Patriarchy, the organisation of societies so that men tend to exert a large degree of control and power over women is fairly ubiquitous. A large part of the agenda of contemporary feminist movements is to make a political, economic, and cultural challenge
to patriarchy – at the level of both the state, and individual people’s lives (hence the well-known phrase ‘the personal is the political’). One means by which the power imbalance can be challenged, and changed, is through an understanding of how such power works – how it is justified, as well as its social and economic underpinnings.
As I have mentioned above, some feminist writers – such as Mary Daly (1973) – have singled out religion as a basic element of patriarchy, since many religions seem to give women a particularly hard time. A Marx-derived perspective argues that the image of god is used by those in power as a misrepresentation of the struggle of class against class. This can be reworked as a feminist argument that the male creator god (of Christianity and other religions) is a tool of the oppression of women – gender against gender, rather than class against class. Such a god is no more than a matter of men writing their political dominance on to ‘heaven’, and the institutions which men produce for such a god, particularly churches, are key tools for controlling women.”

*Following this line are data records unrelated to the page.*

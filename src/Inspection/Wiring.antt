-- ===== src/Inspection/Wiring.antt =====
-- The inspection over its own protocol: the functions that engine.py imports from protocol.py and
-- llm.py take their places in it, `strict_json` and `response_timestamp` included.
pub mod Released
pub mod Streamed
use ai_security_gateway.Base.{
  ℕ, String, Bool, true, false, Option, none, some, List, [], ◌∷◌, if◌then◌else◌,
}
use ai_security_gateway.Base.Result.{Result, ok, err, ◌>>=◌}
use ai_security_gateway.Inspection.Json.{Json, obj, Fields, ℤ}
use ai_security_gateway.Inspection.Contracts.{
  Raised, Bytes, InspectionConfig, HttpMessage, RouteRule,
}
use ai_security_gateway.Inspection.Session.{Finding, Parts}
use ai_security_gateway.Inspection.Protocol
use ai_security_gateway.Inspection.Protocol.{check}
use ai_security_gateway.Inspection.Protocol.Headers.{Readings}
use ai_security_gateway.Inspection.Protocol.Semantics
use ai_security_gateway.Inspection.Protocol.Egress.{Urls, check_egress}
use ai_security_gateway.Inspection.Llm.{validate_llm, response_timestamp}

-- The scanners, and Python's text, JSON and URL functions. `loads` decodes UTF-8 and JSON, with the
-- errors that `strict_json` gives them; `target_path` is the path of a request's target, or the
-- `ValueError` of `urlsplit`.
pub record Externals : Type 0 where
  pub analyze : String → Result Raised (List Finding)
  pub contains_secret : Json → Result Raised Bool
  pub is_suspicious : String → Option Bool
  pub deadline_passed : ℕ → Bool
  pub seconds : ℕ → ℕ
  pub loads : Bytes → Result Raised Json
  pub is_finite : String → Bool
  pub encode_json : Json → Result Raised Bytes
  pub encode_utf8 : String → Result Raised Bytes
  pub decode_utf8 : Bytes → Result Raised String
  pub number_text : ℤ → String
  pub int_of : String → Option ℤ
  pub path_texts : String → Result Raised (List String)
  pub query_texts : String → Option (List String)
  pub target_path : String → Result Raised String
  pub readings : Readings
  pub urls : Urls

-- `strict_json(raw, max_depth)`, with its default for the nodes.
unfoldable pub strict_json : Externals → ℕ → Bytes → Result Raised Json
strict_json x max_depth raw = do
  value ← x.loads raw
  nodes ← check x.is_finite max_depth 8192 value 0 0
  ok value

-- `route_for`, of a message alone.
unfoldable pub route_of : Externals → InspectionConfig → HttpMessage → Result Raised RouteRule
route_of x config m = do
  path ← x.target_path m.path
  Protocol.route_for x.urls.lower config m path (x.urls.unquote path)

unfoldable pub parts : Externals → InspectionConfig → Parts
parts x config = record {
  analyze = x.analyze;
  contains_secret = x.contains_secret;
  is_suspicious = x.is_suspicious;
  deadline_passed = x.deadline_passed;
  seconds = x.seconds;
  strict_json = strict_json x config.max_json_depth;
  encode_json = x.encode_json;
  encode_utf8 = x.encode_utf8;
  decode_utf8 = x.decode_utf8;
  number_text = x.number_text;
  strip = x.urls.strip;
  path_texts = x.path_texts;
  query_texts = x.query_texts;
  validate_message = Protocol.validate_message x.urls.lower config;
  route_for = route_of x config;
  validate_llm = validate_llm;
  semantics = Semantics.semantics x.readings x.int_of;
  check_egress = check_egress x.urls config;
}

-- `response_timestamp(child, value, (key,), provider)` of a field of a dict.
unfoldable pub is_timestamp : Json → Json → String → Option String → Bool
is_timestamp v (obj envelope) key provider = response_timestamp v envelope (key ∷ []) provider
is_timestamp v _ key provider = false
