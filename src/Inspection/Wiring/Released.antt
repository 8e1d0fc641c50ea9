-- ===== src/Inspection/Wiring/Released.antt =====
-- inspection/engine.py with inspection/protocol.py: the meaning of a request that goes on.
use ai_security_gateway.Base.{
  ◌≤◌, String, ◌≡◌, refl, ◌⊎◌, inl, inr, Bool, true, false, not, Option, some, [], ◌∷◌, arith,
  length, ltb, sym, ap, ◌∙◌, subst, contains, ◌&&◌,
}
use ai_security_gateway.Base.Result.{Result, ok, require, bind-ok, require-ok}
use ai_security_gateway.Base.Exec.{lift}
use ai_security_gateway.Base.Exec.Runs.{bind-returns}
use ai_security_gateway.Broker.World.{Env}
use ai_security_gateway.Inspection.Json.{Json, obj, end}
use ai_security_gateway.Inspection.Contracts.{
  Raised, inspection_error, Bytes, InspectionConfig, HttpMessage, RouteRule, inline,
}
use ai_security_gateway.Inspection.Identity.{Crypto, AttestationVerifier}
use ai_security_gateway.Inspection.Session.{Parts, Session, update, refuse_if, is_empty}
use ai_security_gateway.Inspection.Engine.Prepare.{
  Prepared, rule_of, is_blocked, pii_policy, noted, redact_request, redact_mapped, prepare,
  inspect_metadata, json_media, media_type, read_body, check_llm,
}
use ai_security_gateway.Inspection.Engine.{inspect_request}
use ai_security_gateway.Inspection.Engine.Release.{
  passes, Released, started, inspect_request-Released,
}
use ai_security_gateway.Inspection.Protocol.{validate_message, matching, only_route, route_for}
use ai_security_gateway.Inspection.Protocol.Semantics.{semantics}
use ai_security_gateway.Inspection.Wiring.{Externals, route_of, parts}
use ai_security_gateway.Broker.Issue.{Broker}

-- The value of a body: the empty dict, or what its JSON is.
abbrev pub IsBody : Parts → Bytes → Json → Type 0
IsBody parts [] value = value ≡ obj end
IsBody parts (b ∷ bs) value = parts.strict_json (b ∷ bs) ≡ ok value

-- What the preparation of a request knows: its message is valid, a route maps it, and it does what
-- the value of its body says on the route, which no rule blocks.
pub record Meaning (parts : Parts) (m : HttpMessage) (p : Prepared) : Type 0 where
  pub route : RouteRule
  pub value : Json
  pub is_valid : parts.validate_message m ≡ ok tt
  pub is_routed : parts.route_for m ≡ ok route
  pub is_body : IsBody parts m.body value
  pub is_meant : parts.semantics m route value ≡ ok p.semantics
  pub is_open : is_blocked (rule_of route p.semantics.0) ≡ false

module _ {File : Type 0} (parts : Parts) (config : InspectionConfig) (crypto : Crypto) where
  refuse_if-ok :
      (b : Bool) (reason : String) (s t : Session File) {u : Unit {0}}
      → refuse_if b reason s ≡ (ok u, t)
      → b ≡ false
  unfolding refuse_if
  refuse_if-ok b reason s t h = ground arith

  redact_mapped-semantics :
      (m : HttpMessage) (r : RouteRule) (value : Json) (original : String × String × String)
      (s t : Session File) (p : Prepared)
      → redact_mapped parts config crypto m r value original s ≡ (ok p, t)
      → (p.semantics ≡ original) × (is_blocked (rule_of r original.0) ≡ false)
  unfolding redact_mapped
  redact_mapped-semantics m r value original s t p h =
      let rule = rule_of r original.0 in
      let policy = pii_policy config (some r) rule in
      let (_, s1, _, h1) = bind-returns (update {File = File} (noted original policy)) _ s p t h in
      let (_, s2, e, h2) =
        bind-returns (refuse_if (is_blocked rule) "local_policy_denied") _ s1 p t h1 in
      let (body, s3, _, h3) =
        bind-returns (redact_request parts config m r original policy.0 value) _ s2 p t h2 in
      (ground arith, refuse_if-ok (is_blocked rule) "local_policy_denied" s1 s2 e)

  lift-ok :
      {A : Type 0} (r : Result Raised A) (s t : Session File) {a : A}
      → lift r s ≡ (ok a, t)
      → r ≡ ok a
  lift-ok r s t h = ground arith

  read_body-IsBody :
      (m : HttpMessage) (bs : Bytes) (value : Json) (s t : Session File)
      → m.body ≡ bs
      → read_body parts config m s ≡ (ok value, t)
      → IsBody parts bs value
  unfolding read_body
  read_body-IsBody m [] value s t e h = ground arith
  read_body-IsBody m (b ∷ bs) value s t e h = ground arith

  pub prepare-Meaning :
      (m : HttpMessage) (s t : Session File) (p : Prepared)
      → prepare parts config crypto m s ≡ (ok p, t)
      → Meaning parts m p
  unfolding prepare
  prepare-Meaning m s t p h =
      let (_, s1, e1, h1) = bind-returns (lift (parts.validate_message m)) _ s p t h in
      let (r, s2, e2, h2) = bind-returns (lift (parts.route_for m)) _ s1 p t h1 in
      let (_, s3, _, h3) = bind-returns (inspect_metadata parts config false m) _ s2 p t h2 in
      let (_, s4, _, h4) =
        bind-returns
          (refuse_if (not (is_empty m.body) && not (contains json_media (media_type parts m)))
            "unsupported_request_media_type")
          _ s3 p t h3 in
      let (value, s5, e5, h5) = bind-returns (read_body parts config m) _ s4 p t h4 in
      let (_, s6, _, h6) = bind-returns (check_llm parts config value r) _ s5 p t h5 in
      let (o, s7, e7, h7) = bind-returns (lift (parts.semantics m r value)) _ s6 p t h6 in
      let (same, open_rule) = redact_mapped-semantics m r value o s7 t p h7 in
      record {
        route = r;
        value = value;
        is_valid = lift-ok (parts.validate_message m) s s1 e1;
        is_routed = lift-ok (parts.route_for m) s1 s2 e2;
        is_body = read_body-IsBody m m.body value s4 s5 refl e5;
        is_meant = lift-ok (parts.semantics m r value) s6 s7 e7 ∙ ap ok (sym same);
        is_open = subst (λ x. is_blocked (rule_of r x.0) ≡ false) (sym same) open_rule;
      }

validate_message-limits :
    (lower : String → String) (config : InspectionConfig) (m : HttpMessage) {u : Unit {0}}
    → validate_message lower config m ≡ ok u
    → (m.complete ≡ true) × (length m.body ≤ config.max_body_bytes)
unfolding validate_message
validate_message-limits lower config m h =
    let (_, e, k) = bind-ok (require m.complete (inspection_error "incomplete_capture")) _ h in
    let small = not (ltb config.max_body_bytes (length m.body)) in
    let (_, f, _) = bind-ok (require small (inspection_error "body_limit_exceeded")) _ k in
    let fits = require-ok small (inspection_error "body_limit_exceeded") f in
    (require-ok m.complete (inspection_error "incomplete_capture") e, ground arith)

route_for-matching :
    (lower : String → String) (config : InspectionConfig) (m : HttpMessage) (path decoded : String)
    {r : RouteRule}
    → route_for lower config m path decoded ≡ ok r
    → matching lower m path config.routes ≡ r ∷ []
unfolding route_for only_route
route_for-matching lower config m path decoded h = ground arith

route_of-ok :
    (x : Externals) (config : InspectionConfig) (m : HttpMessage) {r : RouteRule}
    → route_of x config m ≡ ok r
    → (path : String) × (x.target_path m.path ≡ ok path)
      × (matching x.urls.lower m path config.routes ≡ r ∷ [])
unfolding route_of
route_of-ok x config m h =
    let (path, e, k) = bind-ok (x.target_path m.path) _ h in
    (path, e, route_for-matching x.urls.lower config m path (x.urls.unquote path) k)

module _ {File : Type 0} (env : Env File) (x : Externals) (config : InspectionConfig)
    (crypto : Crypto) (verifier : AttestationVerifier) (broker : Option Broker) where
  -- A request that goes on is complete and within the limit, exactly one route matches it, and the
  -- tool, action and resource that it was authorized for are those of its body on that route.
  pub record Meant (m : HttpMessage) (start last : Session File) : Type 0 where
    pub released : Released env (parts x config) config crypto verifier broker m start last
    pub is_complete : m.complete ≡ true
    pub is_small : length m.body ≤ config.max_body_bytes
    pub route : RouteRule
    pub path : String
    pub value : Json
    pub is_path : x.target_path m.path ≡ ok path
    pub is_routed : matching x.urls.lower m path config.routes ≡ route ∷ []
    pub is_body : IsBody (parts x config) m.body value
    pub is_meant : semantics x.readings x.int_of m route value ≡ ok released.prepared.semantics
    pub is_open : is_blocked (rule_of route released.prepared.semantics.0) ≡ false

  Released-Meant :
      (m : HttpMessage) (start last : Session File)
      → Released env (parts x config) config crypto verifier broker m start last
      → Meant m start last
  unfolding parts
  Released-Meant m start last rel =
      let known =
        prepare-Meaning (parts x config) config crypto m start rel.checked rel.prepared
          rel.is_prepared in
      let (whole, small) = validate_message-limits x.urls.lower config m known.is_valid in
      let (path, e, matched) = route_of-ok x config m known.is_routed in
      record {
        released = rel;
        is_complete = whole;
        is_small = small;
        route = known.route;
        path = path;
        value = known.value;
        is_path = e;
        is_routed = matched;
        is_body = known.is_body;
        is_meant = known.is_meant;
        is_open = known.is_open;
      }

  -- The inline inspection over the gateway's own protocol ends with a verdict. A request goes on only
  -- if it is complete and within the limit, exactly one route matches it, no rule blocks it, and, one
  -- after the other from the session that the inspection started in, its attestation was verified and
  -- consumed and it was authorized for the tool, action and resource that the value of its body means
  -- on that route.
  pub inspect_request-Meant :
      (m : HttpMessage) (s : Session File)
      → (t : Session File) × (inspect_request env
            (parts x config)
            config
            crypto
            verifier
            broker
            inline
            m
            s
          ≡ (ok tt, t))
        × ((passes t.verdict.action ≡ false) ⊎ Meant m (started s) t)
  inspect_request-Meant m s =
      let (t, e, done) =
        inspect_request-Released env (parts x config) config crypto verifier broker m s in
      (t, e, elim done [ inl f ↦ inl f | inr rel ↦ inr (Released-Meant m (started s) t rel) ])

T2: “In the context of Egypt in the late twentieth century, Hala Shukrallah (1994) explores the possible reasons why Muslim women do ‘still’ wear the veil, or more correctly the hijab head- scarf. First, she notes that women are often given the task of symbolically representing traditional values. That is, women rather than men have the responsibility for upholding decency, Islamic and Muslim values, and morals in times of rapid social, economic, and cultural change. Hence, ‘decent’ behaviour by women, such as the wearing of ‘proper’ and modest religious dress, becomes imperative not only for the women themselves, but also for the sake of society as a whole, both women and men.”